Equations I could comprehend only by inserting specific numerical values in place of the letters and verifying the meaning of the operation by actual calculation. As we went on in mathematics I was able to get along, more or less, by copying out algebraic formulas whose meaning I did not understand, and by memorising where a particular combination of letters had stood on the blackboard. I could no longer make headway by substituting numbers, for from time to time the teacher would say, “Here we put the expression so-and-so,” and then he would scribble a few letters on the blackboard. I had no idea where he got them and why he did it — the only reason I could see was that it enabled him to bring the procedure to what he felt was a satisfactory conclusion. I was so intimidated by my incomprehension that I did not dare to ask any questions.

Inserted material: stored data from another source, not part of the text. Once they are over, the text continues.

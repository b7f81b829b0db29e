-- ===== src/Network/MergeSound.antt =====
-- `mergeNetwork` of src/pme/util/sorting_network.cpp: every call returns, with a network that keeps
-- its promise.
use pme.Base.{
  ℕ, zero, suc, ◌+◌, ◌/◌, ◌≤◌, ◌<◌, ◌≡◌, refl, sym, ap, subst, Bool, true, ◌||◌, List, [], ◌∷◌,
  ◌++◌, length, arith, Result, ok, Returns, leb, leb→le, Bool-cases, inl, inr,
}
use pme.Literal.{PmeId}
use pme.Variables.{VariableManager}
use pme.Network.{CnfNetwork, zipper_merge, take_odd, take_even}
use pme.Network.Build.{
  uncons, Built, Merge, wires, compare_pairs, finish, merge_halves, merge_cases, merge_ordered,
  merge_network, merge,
}
use pme.Network.Prefix.{length-take_even, length-take_odd}
use pme.Network.Zipper.{zipper_merge_pairs, length-Pairing}
use pme.Network.Pairs.{compared, comparator_lem, compare_pairs-PairsMerged, finish_lem}
use pme.Network.Halves.{IsMerge, IsMerge-symm, IsMerge-nil, IsMerge-one, IsMerge-halves}

pub non_empty : (xs : List PmeId) → 0 < length xs → (e : PmeId) × (es : List PmeId) × (xs ≡ e ∷ es)
non_empty [] h = absurd (omega arith)
non_empty (x ∷ xs) h = (x, xs, refl)

-- The run of the recursive case, from the runs of its parts.
merge_halves-run :
    (rec : Merge) (xs ys : List PmeId) (le ge : Bool) (vm : VariableManager)
    (odd even pairs : Built) (e : PmeId) (zs : List PmeId) (net : CnfNetwork)
    → rec (take_odd xs) (take_odd ys) le ge vm ≡ ok odd
    → rec (take_even xs) (take_even ys) le ge odd.1 ≡ ok even
    → zipper_merge even.0.outputs odd.0.outputs (length xs) (length ys) ≡ ok (e ∷ zs)
    → compare_pairs zs le ge even.1 ≡ ok pairs
    → finish (length xs + length ys) (e ∷ zs) (record {
      outputs = e ∷ pairs.0.outputs;
      clauses = odd.0.clauses ++ even.0.clauses ++ pairs.0.clauses;
    })
      ≡ ok net
    → merge_halves rec xs ys le ge vm ≡ ok (net, pairs.1)
unfolding merge_halves uncons
merge_halves-run rec xs ys le ge vm odd even pairs e zs net r₁ r₂ r₃ r₄ r₅ = rw (r₁, r₂, r₃, r₄, r₅)

module _ (le ge : Bool) (either : (le || ge) ≡ true) (rec : Merge) (n : ℕ)
    (ih : (xs ys : List PmeId) (vm : VariableManager)
      → length xs + length ys < n
      → Returns (rec xs ys le ge vm) (λ r. IsMerge xs ys le ge r.0)) where
  abbrev Merges : List PmeId → List PmeId → Result Built → Type 0
  Merges xs ys m = Returns m (λ r. IsMerge xs ys le ge r.0)

  merge_halves-IsMerge :
      (xs ys : List PmeId) (vm : VariableManager)
      → 0 < length xs
      → 2 < length xs + length ys
      → length xs ≤ length ys
      → length xs + length ys ≤ n
      → Merges xs ys (merge_halves rec xs ys le ge vm)
  merge_halves-IsMerge xs ys vm pos large l h =
      let (odd, r₁, m₁) =
        ih (take_odd xs) (take_odd ys) vm (omega (arith, length-take_odd xs, length-take_odd ys)) in
      let (even, r₂, m₂) =
        ih (take_even xs) (take_even ys) odd.1
          (omega (arith, length-take_even xs, length-take_even ys)) in
      let evens : length even.0.outputs ≡ (length xs + 1) / 2 + (length ys + 1) / 2 =
        omega (arith, m₂.size, length-take_even xs, length-take_even ys) in
      let odds : length odd.0.outputs ≡ length xs / 2 + length ys / 2 =
        omega (arith, m₁.size, length-take_odd xs, length-take_odd ys) in
      let (e, es, cons) = non_empty even.0.outputs (omega arith) in
      let (zs, r₃, paired) =
        zipper_merge_pairs (length xs) (length ys) e es odd.0.outputs l pos large
          (omega (arith, ap length cons)) odds in
      let (pairs, r₄, m₃) = compare_pairs-PairsMerged le ge either paired even.1 in
      let r₅ =
        finish_lem (length xs + length ys) e zs pairs.0.outputs
          (odd.0.clauses ++ even.0.clauses ++ pairs.0.clauses)
          (omega (arith, length-Pairing paired, ap length cons)) m₃.size in
      let r₃' =
        subst (λ es. zipper_merge es odd.0.outputs (length xs) (length ys) ≡ ok (e ∷ zs)) (sym cons)
          r₃ in
      (
        (_, pairs.1),
        merge_halves-run rec xs ys le ge vm odd even pairs e zs _ r₁ r₂ r₃' r₄ r₅,
        IsMerge-halves xs ys le ge odd.0 even.0 pairs.0 e es zs paired m₁ m₂ cons m₃,
      )

  merge_cases-IsMerge :
      (xs ys : List PmeId) (vm : VariableManager)
      → length xs ≤ length ys
      → length xs + length ys ≤ n
      → Merges xs ys (merge_cases rec xs ys le ge vm)
  unfolding merge_cases
  merge_cases-IsMerge [] ys vm l h = ((wires ys, vm), refl, IsMerge-nil ys le ge)
  merge_cases-IsMerge (x ∷ xs) [] vm l h = absurd (omega arith)
  merge_cases-IsMerge (x ∷ []) (y ∷ []) vm l h =
      (compared x y le ge vm, comparator_lem x y le ge vm either, IsMerge-one x y le ge vm)
  merge_cases-IsMerge (x ∷ []) (y ∷ y' ∷ ys) vm l h =
      merge_halves-IsMerge (x ∷ []) (y ∷ y' ∷ ys) vm (omega arith) (omega arith) l h
  merge_cases-IsMerge (x ∷ x' ∷ xs) (y ∷ ys) vm l h =
      merge_halves-IsMerge (x ∷ x' ∷ xs) (y ∷ ys) vm (omega arith) (omega arith) l h

  merge_ordered-IsMerge :
      (xs ys : List PmeId) (vm : VariableManager)
      → length xs ≤ length ys
      → length xs + length ys ≤ n
      → Merges xs ys (merge_ordered rec xs ys le ge vm)
  unfolding merge_ordered
  merge_ordered-IsMerge xs ys vm l h =
      let test : leb (length xs) (length ys) ≡ true = ground arith in
      rw (test, either) (merge_cases-IsMerge xs ys vm l h)

module _ (le ge : Bool) (either : (le || ge) ≡ true) where
  pub merge_network-IsMerge :
      (fuel : ℕ) (xs ys : List PmeId) (vm : VariableManager)
      → length xs + length ys < fuel
      → Returns (merge_network fuel xs ys le ge vm) (λ r. IsMerge xs ys le ge r.0)
  unfolding merge_network
  merge_network-IsMerge zero xs ys vm h = absurd (omega arith)
  merge_network-IsMerge (suc fuel) xs ys vm h =
      let ih = merge_network-IsMerge fuel in
      elim (Bool-cases (leb (length xs) (length ys))) [
        | inl l ↦ rw l (
            merge_ordered-IsMerge le ge either (merge_network fuel) fuel ih xs ys vm (leb→le _ _ l)
              (omega arith))
        | inr l ↦
            let (r, run, m) =
              merge_ordered-IsMerge le ge either (merge_network fuel) fuel ih ys xs vm
                (ground arith) (omega arith) in
            (r, rw l run, IsMerge-symm m)
      ]

-- With `le` or `ge`, a merge network is built for any two vectors, with no assertion failing and no index out of
-- range. It has an output for each input. Where a valuation satisfies its clauses: with `le`, if
-- the first `p` entries of one vector and the first `q` of the other are true, so are the first `p
-- + q` outputs; with `ge`, if the entries are false from `p` and from `q` on, so are the outputs
-- from `p + q` on.
pub merge-IsMerge :
    (le ge : Bool) (xs ys : List PmeId) (vm : VariableManager)
    → (le || ge) ≡ true
    → Returns (merge xs ys le ge vm) (λ r. IsMerge xs ys le ge r.0)
unfolding merge
merge-IsMerge le ge xs ys vm either =
    merge_network-IsMerge le ge either (length xs + length ys + 1) xs ys vm (omega arith)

Mathematics classes became sheer terror and torture to me. Other subjects I found easy; and as, thanks to my good visual memory, I contrived for a long while to swindle my way through mathematics, I usually had good marks. But my fear of failure and my sense of smallness in face of the vast world around me created in me not only a dislike but a kind of silent despair which completely ruined school for me. In addition, I was exempted from drawing-classes on grounds of utter incapacity. This in a way was welcome to me, since it gave me more free time; but on the other hand it was a fresh defeat, since I had some facility in drawing, although I did not realise it depended essentially on the way I was feeling. I could draw only what stirred my imagination. But I was forced to copy prints of Greek gods with sightless eyes, and when that wouldn’t go properly the teacher obviously thought I needed something more naturalistic and set before me the picture of a goat’s head. This assignment I failed completely, and that was the end of my drawing-classes.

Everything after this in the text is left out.